少し前の日刊ゲンダイ(12月11日付)に又井郁生亜州IR代表という人が書いた「中国に流出する競走馬」という記事があった。
うーん、なんだかなぁ。Netから調べたであろう客観的データに間違いはないのだが、この人の主観が書かれている部分は、ちょっとおかしい。
記事の要旨
1. 中国人投資家が1歳馬18頭を4735万円で落札した。
2. 中国では賭博型の競馬は禁止されているが「速度競馬」と呼ばれるイベント型の競馬が全国30カ所で催されている。
3. これらのレースは行政や企業スポンサーからの賞金で成り立っている。
4. 年々盛り上がりを見せており、公営ギャンブル化も十分あり得るとの思惑もある。
5. そうした背景から日本産馬を買い漁る動きは今後ますますエスカレートすることになりそう。
6. 日本勢はこのチャンスを大いに生かしたい。
7. JRAのサイトには、競売情報を中国語で伝える専門ページがお目見えした。
8. 不況のあおりで落札価格が下落傾向だっただけに、中国マネーの流入は大歓迎なのだ。
9. 競馬ファンにとっては、有力馬の流出は悔しいが、苦しい台所事情の業界側は背に腹は代えられない。
うーん、やはり微妙におかしいねぇ。
今回中国人投資家が今回落札したのは、オータムセールで、このセールは、上級馬を対象としたセレクトセール・セレクションセール、中級馬を対象としたサマーセールと異なり、これらのセールの対象にならなかったり、売れ残ったりした下級馬のセールで、そのことは中国人投資家が買った馬の価格が平均260万円強というところからも明らか。

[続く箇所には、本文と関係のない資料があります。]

-- ===== src/Frontmatter/Split.antt =====
-- What `split` of coppermind/frontmatter.py keeps of a note, and when it finds no block.
use coppermind.Base.{
  ℕ, ◌≡◌, refl, sym, ap, subst, ◌∙◌, ◌⊎◌, inl, inr, Bool, true, false, ◌&&◌, none, some, List, [],
  ◌∷◌, ◌++◌, length, length-append, take, drop, take-append_length, drop-append_length, All,
  Bool-cases, Option-cases, append_assoc, arith,
}
use coppermind.Base.Texts.{Text, eqb_iff, is_empty, lstrip, rstrip, starts_with}
use coppermind.Base.Lines.{
  cut-Boundary, Boundary, splitlines, concat, concat-append, concat-splitlines, splitlines-before,
}
use coppermind.Frontmatter.{
  delimiter, ok, is_cr, is_crlf, is_delimiter, find_closing_delimiter, remove_feed, after_feed,
  opens_line, Parts, split_rest, split_parts,
}
use coppermind.Frontmatter.Search.{
  find_from-Found, LineEnd, after_feed-FeedCut, lstrip-Suffix, remove_feed-Suffix, starts_with-take,
  starts_with-append,
}

-- How a note with a block is cut: nothing is lost or moved, both delimiter lines stand where they
-- belong, and no line of the block closes it sooner.
pub record Cut (text : Text) (parts : Parts) (opening_length : ℕ) : Type 0 where
  pub opening : Text
  pub closing : Text
  pub whole : text ≡ opening ++ (parts.block ++ (delimiter ++ (closing ++ parts.body)))
  pub ended : LineEnd closing parts.body
  pub measured : length opening ≡ opening_length
  pub opens : starts_with delimiter opening ≡ true
  pub earlier : All (λ l. is_delimiter l ≡ false) (splitlines parts.block)

rstrip-prefix : (p : ℕ → Bool) (s : Text) → (t : Text) × (s ≡ rstrip p s ++ t)
unfolding rstrip
rstrip-prefix p [] = ([], refl)
rstrip-prefix p (c ∷ s) = elim (Bool-cases (is_empty (rstrip p s) && p c)) [
  | inl e ↦ (c ∷ s, rw e refl)
  | inr e ↦ let (t, h) = rstrip-prefix p s in (t, rw e (ap (λ u. c ∷ u) h))
]

is_delimiter-prefix :
    (line : Text) → is_delimiter line ≡ true → (t : Text) × (line ≡ delimiter ++ t)
unfolding is_delimiter
is_delimiter-prefix line h =
    let (t, e) = rstrip-prefix is_crlf line in
    (t, e ∙ ap (λ u. u ++ t) ((eqb_iff (rstrip is_crlf line) delimiter).0 h))

after_feed-delimiter : (s : Text) → after_feed (delimiter ++ s) ≡ after_feed s
unfolding after_feed
after_feed-delimiter s = refl

-- The part of `rest` behind its first closing delimiter line.
pub record Closed (rest : Text) (end : ℕ) : Type 0 where
  pub block : Text
  pub closing : Text
  pub body : Text
  pub reached : end ≡ length block
  pub ends : (block ≡ []) ⊎ Boundary block (delimiter ++ (closing ++ body))
  pub whole : rest ≡ block ++ (delimiter ++ (closing ++ body))
  pub ended : LineEnd closing body
  pub taken : take end rest ≡ block
  pub left : after_feed (drop end rest) ≡ body
  pub earlier : All (λ l. is_delimiter l ≡ false) (splitlines block)

block_ends :
    (rest : Text) (before : List Text) (line : Text) (after : List Text)
    → splitlines rest ≡ before ++ line ∷ after
    → (concat before ≡ []) ⊎ Boundary (concat before) (line ++ concat after)
block_ends rest [] line after h = inl refl
block_ends rest (b ∷ bs) line after h = inr (cut-Boundary rest b bs line after h)

pub find_closing-Closed :
    (rest : Text) (end : ℕ) → find_closing_delimiter rest ≡ some end → Closed rest end
find_closing-Closed rest end h =
    let f = find_from-Found 0 (splitlines rest) end (unfold find_closing_delimiter in h) in
    let (t, line) = is_delimiter-prefix f.line f.closes in
    let behind = after_feed-FeedCut (t ++ concat f.after) in
    let whole : rest ≡ concat f.before ++ (delimiter ++ (t ++ concat f.after)) =
      sym (concat-splitlines rest)
      ∙ ap concat f.cut
      ∙ concat-append f.before (f.line ∷ f.after)
      ∙ ap (λ u. concat f.before ++ (u ++ concat f.after)) line in
    let at : end ≡ length (concat f.before) = omega (arith, f.reached) in
    record {
      block = concat f.before;
      closing = behind.closing;
      body = after_feed (t ++ concat f.after);
      reached = at;
      ends =
          subst (λ u. (concat f.before ≡ []) ⊎ Boundary (concat f.before) u)
            (ap (λ u. u ++ concat f.after) line ∙ ap (λ u. delimiter ++ u) behind.rest)
            (block_ends rest f.before f.line f.after f.cut);
      whole = whole ∙ ap (λ u. concat f.before ++ (delimiter ++ u)) behind.rest;
      ended = behind.ended;
      taken =
          ap (λ n. take n rest) at
          ∙ ap (take (length (concat f.before))) whole
          ∙ take-append_length _ _;
      left =
          ap (λ n. after_feed (drop n rest)) at
          ∙ ap (λ u. after_feed u)
              (ap (drop (length (concat f.before))) whole ∙ drop-append_length (concat f.before) _)
          ∙ after_feed-delimiter _;
      earlier = rw (splitlines-before rest f.before f.line f.after f.cut) f.earlier;
    }

split_rest-Cut :
    (text opening rest : Text) (k : ℕ) (parts : Parts)
    → text ≡ opening ++ rest
    → length opening ≡ k
    → starts_with delimiter opening ≡ true
    → split_rest rest k ≡ ok parts
    → Cut text parts k
unfolding split_rest
split_rest-Cut text opening rest k parts whole measured opens h =
    elim (Option-cases (find_closing_delimiter rest)) [
      | inl e ↦ cc (rw (e, split_rest) at h)
      | inr (end, e) ↦
          let c = find_closing-Closed rest end e in
          let block : parts.block ≡ c.block = ground (arith, c.taken) in
          let body : parts.body ≡ c.body = ground (arith, c.left) in
          record {
            opening = opening;
            closing = c.closing;
            whole = rw (block, body) (whole ∙ ap (λ u. opening ++ u) c.whole);
            ended = rw body c.ended;
            measured = measured;
            opens = opens;
            earlier = rw block c.earlier;
          }
    ]

-- The two ways in which `_split` leaves a text alone, and the one in which it looks for a block.
pub data Opening (text : Text) : Type 0 where
  no_block :
      split_parts text ≡ ok (record { block = []; body = text; opening_length = none })
      → Opening text
  block_at :
      (opening rest : Text)
      → text ≡ opening ++ rest
      → starts_with delimiter opening ≡ true
      → split_parts text ≡ split_rest rest (length opening)
      → Opening text

pub Opening-of : (text : Text) → Opening text
unfolding split_parts
Opening-of text = elim (Bool-cases (starts_with delimiter text)) [
  | inr e ↦ no_block (rw e refl)
  | inl e ↦ elim (Bool-cases (opens_line (drop 3 text))) [
    | inr f ↦ no_block (rw (e, f) refl)
    | inl f ↦
        let outer = lstrip-Suffix is_cr (drop 3 text) in
        let inner = remove_feed-Suffix (lstrip is_cr (drop 3 text)) in
        let rest = remove_feed (lstrip is_cr (drop 3 text)) in
        let opening : Text = delimiter ++ (outer.prefix ++ inner.prefix) in
        let whole : text ≡ opening ++ rest =
          starts_with-take delimiter text e
          ∙ ap (λ u. delimiter ++ u)
              (outer.rest
                ∙ ap (λ u. outer.prefix ++ u) inner.rest
                ∙ sym (append_assoc outer.prefix inner.prefix rest)) in
        block_at opening rest whole (starts_with-append delimiter (outer.prefix ++ inner.prefix)) (
          rw (e, f)
            (ap (split_rest rest) (omega (arith, ap length whole, length-append {0} opening rest))))
  ]
]

pub split_rest-opening_length :
    (rest : Text) (k : ℕ) (parts : Parts)
    → split_rest rest k ≡ ok parts
    → parts.opening_length ≡ some k
unfolding split_rest
split_rest-opening_length rest k parts h = ground arith

block_at-Cut :
    (text opening rest : Text) (k : ℕ) (parts : Parts)
    → text ≡ opening ++ rest
    → starts_with delimiter opening ≡ true
    → split_rest rest (length opening) ≡ ok parts
    → parts.opening_length ≡ some k
    → Cut text parts k
block_at-Cut text opening rest k parts whole opens h at =
    let k' = split_rest-opening_length rest (length opening) parts h in
    let same : length opening ≡ k = ground (arith, k') in
    split_rest-Cut text opening rest k parts whole same opens (rw (← same) h)

-- When `_split` finds a block in a note, the note is the opening line, the block, the closing
-- delimiter with the rest of its line, and the body, in this order and with nothing between; the
-- rest of that line ends at the first line feed behind the delimiter, or nothing follows it; the reported length is that of the opening line, which starts with the delimiter; and no line of
-- the block is a delimiter, so the block ends at the first one.
pub split_parts-Cut :
    (text : Text) (parts : Parts) (k : ℕ)
    → split_parts text ≡ ok parts
    → parts.opening_length ≡ some k
    → Cut text parts k
split_parts-Cut text parts k h at = elim (Opening-of text) [
  | no_block same ↦ cc (sym same ∙ h, at)
  | block_at opening rest whole opens same ↦
      block_at-Cut text opening rest k parts whole opens (sym same ∙ h) at
]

したがって、この程度で「買い漁り」だとか「有力馬の流出」というのは大げさすぎる。
「中国人のやることは何んでも悪い」という最近の世間のというかマスコミの傾向に毒されているのではないか?
生産者にとっては、原価割れ覚悟、次年度の生産のためにいくばくかの足しになればとの思いで出品しているのであるから、「背に腹は代えられない」というのではなくて「大助かり」というのが本音。
それに、今、行われている「速度競馬」が今後さらに発展する可能性は高く、仮に将来的に公営ギャンブル型の競馬が行われるようになれば(私見ではその可能性が高いとは思わないが)、そこに膨大なニーズが発生することにもなる。そのための先行的な試みとしても大いに意味がある。
この記事のような、いたずらに世間を刺激するような書き方は思慮不足であって、書き手には思慮深い考察が必要になる。